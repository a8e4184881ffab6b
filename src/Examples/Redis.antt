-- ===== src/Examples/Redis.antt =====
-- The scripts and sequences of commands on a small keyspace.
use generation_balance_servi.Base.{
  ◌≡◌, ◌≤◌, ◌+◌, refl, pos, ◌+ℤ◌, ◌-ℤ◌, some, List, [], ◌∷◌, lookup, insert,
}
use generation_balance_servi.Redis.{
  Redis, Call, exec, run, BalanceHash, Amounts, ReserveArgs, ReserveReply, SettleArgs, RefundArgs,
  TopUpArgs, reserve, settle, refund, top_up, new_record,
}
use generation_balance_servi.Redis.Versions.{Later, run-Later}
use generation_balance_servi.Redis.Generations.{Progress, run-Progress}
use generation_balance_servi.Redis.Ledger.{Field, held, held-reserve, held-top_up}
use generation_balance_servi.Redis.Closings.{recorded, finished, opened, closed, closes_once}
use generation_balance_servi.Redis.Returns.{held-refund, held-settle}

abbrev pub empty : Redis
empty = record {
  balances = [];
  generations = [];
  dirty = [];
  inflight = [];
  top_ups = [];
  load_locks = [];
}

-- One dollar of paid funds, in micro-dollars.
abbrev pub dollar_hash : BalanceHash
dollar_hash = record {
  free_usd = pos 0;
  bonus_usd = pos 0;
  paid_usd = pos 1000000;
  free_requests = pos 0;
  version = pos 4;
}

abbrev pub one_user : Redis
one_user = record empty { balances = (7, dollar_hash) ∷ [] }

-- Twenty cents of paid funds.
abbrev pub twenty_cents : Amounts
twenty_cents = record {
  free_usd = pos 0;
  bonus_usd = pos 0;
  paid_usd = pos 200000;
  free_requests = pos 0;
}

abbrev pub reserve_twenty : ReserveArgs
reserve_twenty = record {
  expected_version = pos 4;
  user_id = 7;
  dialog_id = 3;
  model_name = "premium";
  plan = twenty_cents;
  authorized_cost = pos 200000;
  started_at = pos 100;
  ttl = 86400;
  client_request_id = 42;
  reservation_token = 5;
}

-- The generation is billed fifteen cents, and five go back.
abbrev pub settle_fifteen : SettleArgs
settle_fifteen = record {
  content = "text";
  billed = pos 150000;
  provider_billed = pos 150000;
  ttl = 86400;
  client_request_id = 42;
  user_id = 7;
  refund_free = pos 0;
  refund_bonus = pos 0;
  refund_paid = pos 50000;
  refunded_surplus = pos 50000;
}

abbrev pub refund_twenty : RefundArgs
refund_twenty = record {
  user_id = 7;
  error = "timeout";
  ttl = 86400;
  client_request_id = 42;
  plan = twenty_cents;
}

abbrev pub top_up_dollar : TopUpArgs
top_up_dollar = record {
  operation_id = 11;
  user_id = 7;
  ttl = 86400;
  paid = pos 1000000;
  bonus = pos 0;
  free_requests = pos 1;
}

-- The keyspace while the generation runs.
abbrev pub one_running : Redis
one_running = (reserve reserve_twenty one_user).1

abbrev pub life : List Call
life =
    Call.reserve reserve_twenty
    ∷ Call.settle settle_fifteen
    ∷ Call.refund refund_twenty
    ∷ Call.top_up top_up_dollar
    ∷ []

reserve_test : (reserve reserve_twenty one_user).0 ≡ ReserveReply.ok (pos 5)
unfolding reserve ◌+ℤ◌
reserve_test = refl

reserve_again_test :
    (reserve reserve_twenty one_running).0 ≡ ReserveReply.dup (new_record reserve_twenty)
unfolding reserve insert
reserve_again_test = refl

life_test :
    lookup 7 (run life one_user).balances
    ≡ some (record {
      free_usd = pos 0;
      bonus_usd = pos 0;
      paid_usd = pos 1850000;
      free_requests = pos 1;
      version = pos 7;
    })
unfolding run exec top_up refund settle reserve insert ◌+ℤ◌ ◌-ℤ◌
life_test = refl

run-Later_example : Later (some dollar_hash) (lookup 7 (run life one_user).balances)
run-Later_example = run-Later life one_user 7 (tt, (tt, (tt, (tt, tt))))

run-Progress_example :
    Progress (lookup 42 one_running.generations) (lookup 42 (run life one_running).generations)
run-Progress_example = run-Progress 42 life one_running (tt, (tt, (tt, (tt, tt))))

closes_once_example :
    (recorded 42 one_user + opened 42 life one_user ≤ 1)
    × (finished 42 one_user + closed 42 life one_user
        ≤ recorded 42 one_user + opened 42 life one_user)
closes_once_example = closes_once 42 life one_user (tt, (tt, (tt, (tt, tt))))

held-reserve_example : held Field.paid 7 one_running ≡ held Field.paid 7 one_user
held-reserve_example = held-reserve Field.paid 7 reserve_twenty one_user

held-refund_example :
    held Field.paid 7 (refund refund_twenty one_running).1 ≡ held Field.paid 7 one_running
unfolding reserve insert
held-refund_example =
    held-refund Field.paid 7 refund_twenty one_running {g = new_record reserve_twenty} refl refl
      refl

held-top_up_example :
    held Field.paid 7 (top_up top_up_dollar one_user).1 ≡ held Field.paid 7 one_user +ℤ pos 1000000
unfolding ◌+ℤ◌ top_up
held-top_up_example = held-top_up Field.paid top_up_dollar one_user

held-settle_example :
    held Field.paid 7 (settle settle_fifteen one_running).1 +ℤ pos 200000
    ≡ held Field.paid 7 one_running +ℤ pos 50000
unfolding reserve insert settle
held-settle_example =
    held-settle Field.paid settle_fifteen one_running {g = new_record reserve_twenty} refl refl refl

* * *

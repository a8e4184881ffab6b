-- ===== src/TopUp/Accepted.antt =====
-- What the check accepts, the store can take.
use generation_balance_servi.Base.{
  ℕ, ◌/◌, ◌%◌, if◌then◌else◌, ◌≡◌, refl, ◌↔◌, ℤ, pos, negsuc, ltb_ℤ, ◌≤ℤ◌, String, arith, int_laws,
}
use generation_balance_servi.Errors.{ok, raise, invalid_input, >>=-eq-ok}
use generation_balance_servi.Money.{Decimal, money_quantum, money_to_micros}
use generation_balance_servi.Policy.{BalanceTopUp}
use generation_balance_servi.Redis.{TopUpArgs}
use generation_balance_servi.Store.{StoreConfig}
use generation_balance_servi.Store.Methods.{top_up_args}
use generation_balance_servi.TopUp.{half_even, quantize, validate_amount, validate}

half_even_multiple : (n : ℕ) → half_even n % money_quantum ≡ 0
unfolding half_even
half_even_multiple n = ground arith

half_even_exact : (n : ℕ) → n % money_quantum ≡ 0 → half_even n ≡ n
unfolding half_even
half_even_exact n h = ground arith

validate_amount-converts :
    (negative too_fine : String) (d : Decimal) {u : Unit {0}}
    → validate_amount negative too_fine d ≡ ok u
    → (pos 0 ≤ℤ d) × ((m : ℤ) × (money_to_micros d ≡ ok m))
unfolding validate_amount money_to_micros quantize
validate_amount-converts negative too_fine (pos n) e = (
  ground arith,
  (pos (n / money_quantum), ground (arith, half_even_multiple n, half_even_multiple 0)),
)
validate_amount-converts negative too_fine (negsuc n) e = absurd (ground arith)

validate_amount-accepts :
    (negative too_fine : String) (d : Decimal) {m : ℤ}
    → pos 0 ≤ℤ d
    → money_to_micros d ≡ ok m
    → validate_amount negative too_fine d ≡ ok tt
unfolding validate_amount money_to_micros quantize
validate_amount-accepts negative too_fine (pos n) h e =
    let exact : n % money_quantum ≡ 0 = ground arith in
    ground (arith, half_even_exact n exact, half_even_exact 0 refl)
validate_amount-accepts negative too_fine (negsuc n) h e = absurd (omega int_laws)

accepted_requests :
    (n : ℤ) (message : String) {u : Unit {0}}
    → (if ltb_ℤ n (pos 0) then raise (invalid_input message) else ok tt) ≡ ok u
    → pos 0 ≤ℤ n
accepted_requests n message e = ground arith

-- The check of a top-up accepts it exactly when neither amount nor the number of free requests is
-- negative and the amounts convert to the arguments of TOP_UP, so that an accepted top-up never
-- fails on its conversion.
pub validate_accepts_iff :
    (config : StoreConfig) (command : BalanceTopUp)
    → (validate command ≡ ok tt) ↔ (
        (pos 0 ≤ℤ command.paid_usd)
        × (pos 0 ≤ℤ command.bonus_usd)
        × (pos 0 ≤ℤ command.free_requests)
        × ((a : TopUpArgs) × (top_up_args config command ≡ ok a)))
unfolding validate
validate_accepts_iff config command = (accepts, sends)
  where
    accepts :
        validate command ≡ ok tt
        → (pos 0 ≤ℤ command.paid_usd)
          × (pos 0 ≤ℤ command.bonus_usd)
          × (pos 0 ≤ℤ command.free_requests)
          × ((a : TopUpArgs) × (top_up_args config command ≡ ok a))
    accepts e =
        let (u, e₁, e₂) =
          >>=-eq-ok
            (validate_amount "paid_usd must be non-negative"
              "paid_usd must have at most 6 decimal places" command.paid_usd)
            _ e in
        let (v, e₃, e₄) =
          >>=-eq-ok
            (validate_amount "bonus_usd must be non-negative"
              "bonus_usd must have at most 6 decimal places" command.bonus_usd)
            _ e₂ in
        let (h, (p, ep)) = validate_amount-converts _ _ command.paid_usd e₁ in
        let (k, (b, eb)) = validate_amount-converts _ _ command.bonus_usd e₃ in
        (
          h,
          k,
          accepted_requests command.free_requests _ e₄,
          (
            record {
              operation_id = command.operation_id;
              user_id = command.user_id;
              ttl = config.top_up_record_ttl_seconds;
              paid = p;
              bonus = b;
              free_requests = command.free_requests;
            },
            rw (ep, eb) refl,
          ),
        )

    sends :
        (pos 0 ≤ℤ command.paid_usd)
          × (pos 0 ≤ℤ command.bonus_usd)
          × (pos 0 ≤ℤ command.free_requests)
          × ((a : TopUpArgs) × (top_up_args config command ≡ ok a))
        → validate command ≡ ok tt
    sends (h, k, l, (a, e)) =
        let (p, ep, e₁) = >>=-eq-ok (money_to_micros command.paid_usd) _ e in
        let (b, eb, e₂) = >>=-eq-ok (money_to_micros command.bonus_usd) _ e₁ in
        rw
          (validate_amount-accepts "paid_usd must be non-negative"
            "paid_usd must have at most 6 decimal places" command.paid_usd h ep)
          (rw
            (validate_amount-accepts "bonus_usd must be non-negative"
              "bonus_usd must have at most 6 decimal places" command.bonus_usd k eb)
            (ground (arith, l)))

* * *

WHAT THIS TASK INVOLVES: One stretch of the lines above is wanted, from the line that contains "refund_paid = pos 50000;" through the line that contains "abbrev pub one_running : Redis". Output it exactly.

YOUR RESPONSE:
  refund_paid = pos 50000;
  refunded_surplus = pos 50000;
}

abbrev pub refund_twenty : RefundArgs
refund_twenty = record {
  user_id = 7;
  error = "timeout";
  ttl = 86400;
  client_request_id = 42;
  plan = twenty_cents;
}

abbrev pub top_up_dollar : TopUpArgs
top_up_dollar = record {
  operation_id = 11;
  user_id = 7;
  ttl = 86400;
  paid = pos 1000000;
  bonus = pos 0;
  free_requests = pos 1;
}

-- The keyspace while the generation runs.
abbrev pub one_running : Redis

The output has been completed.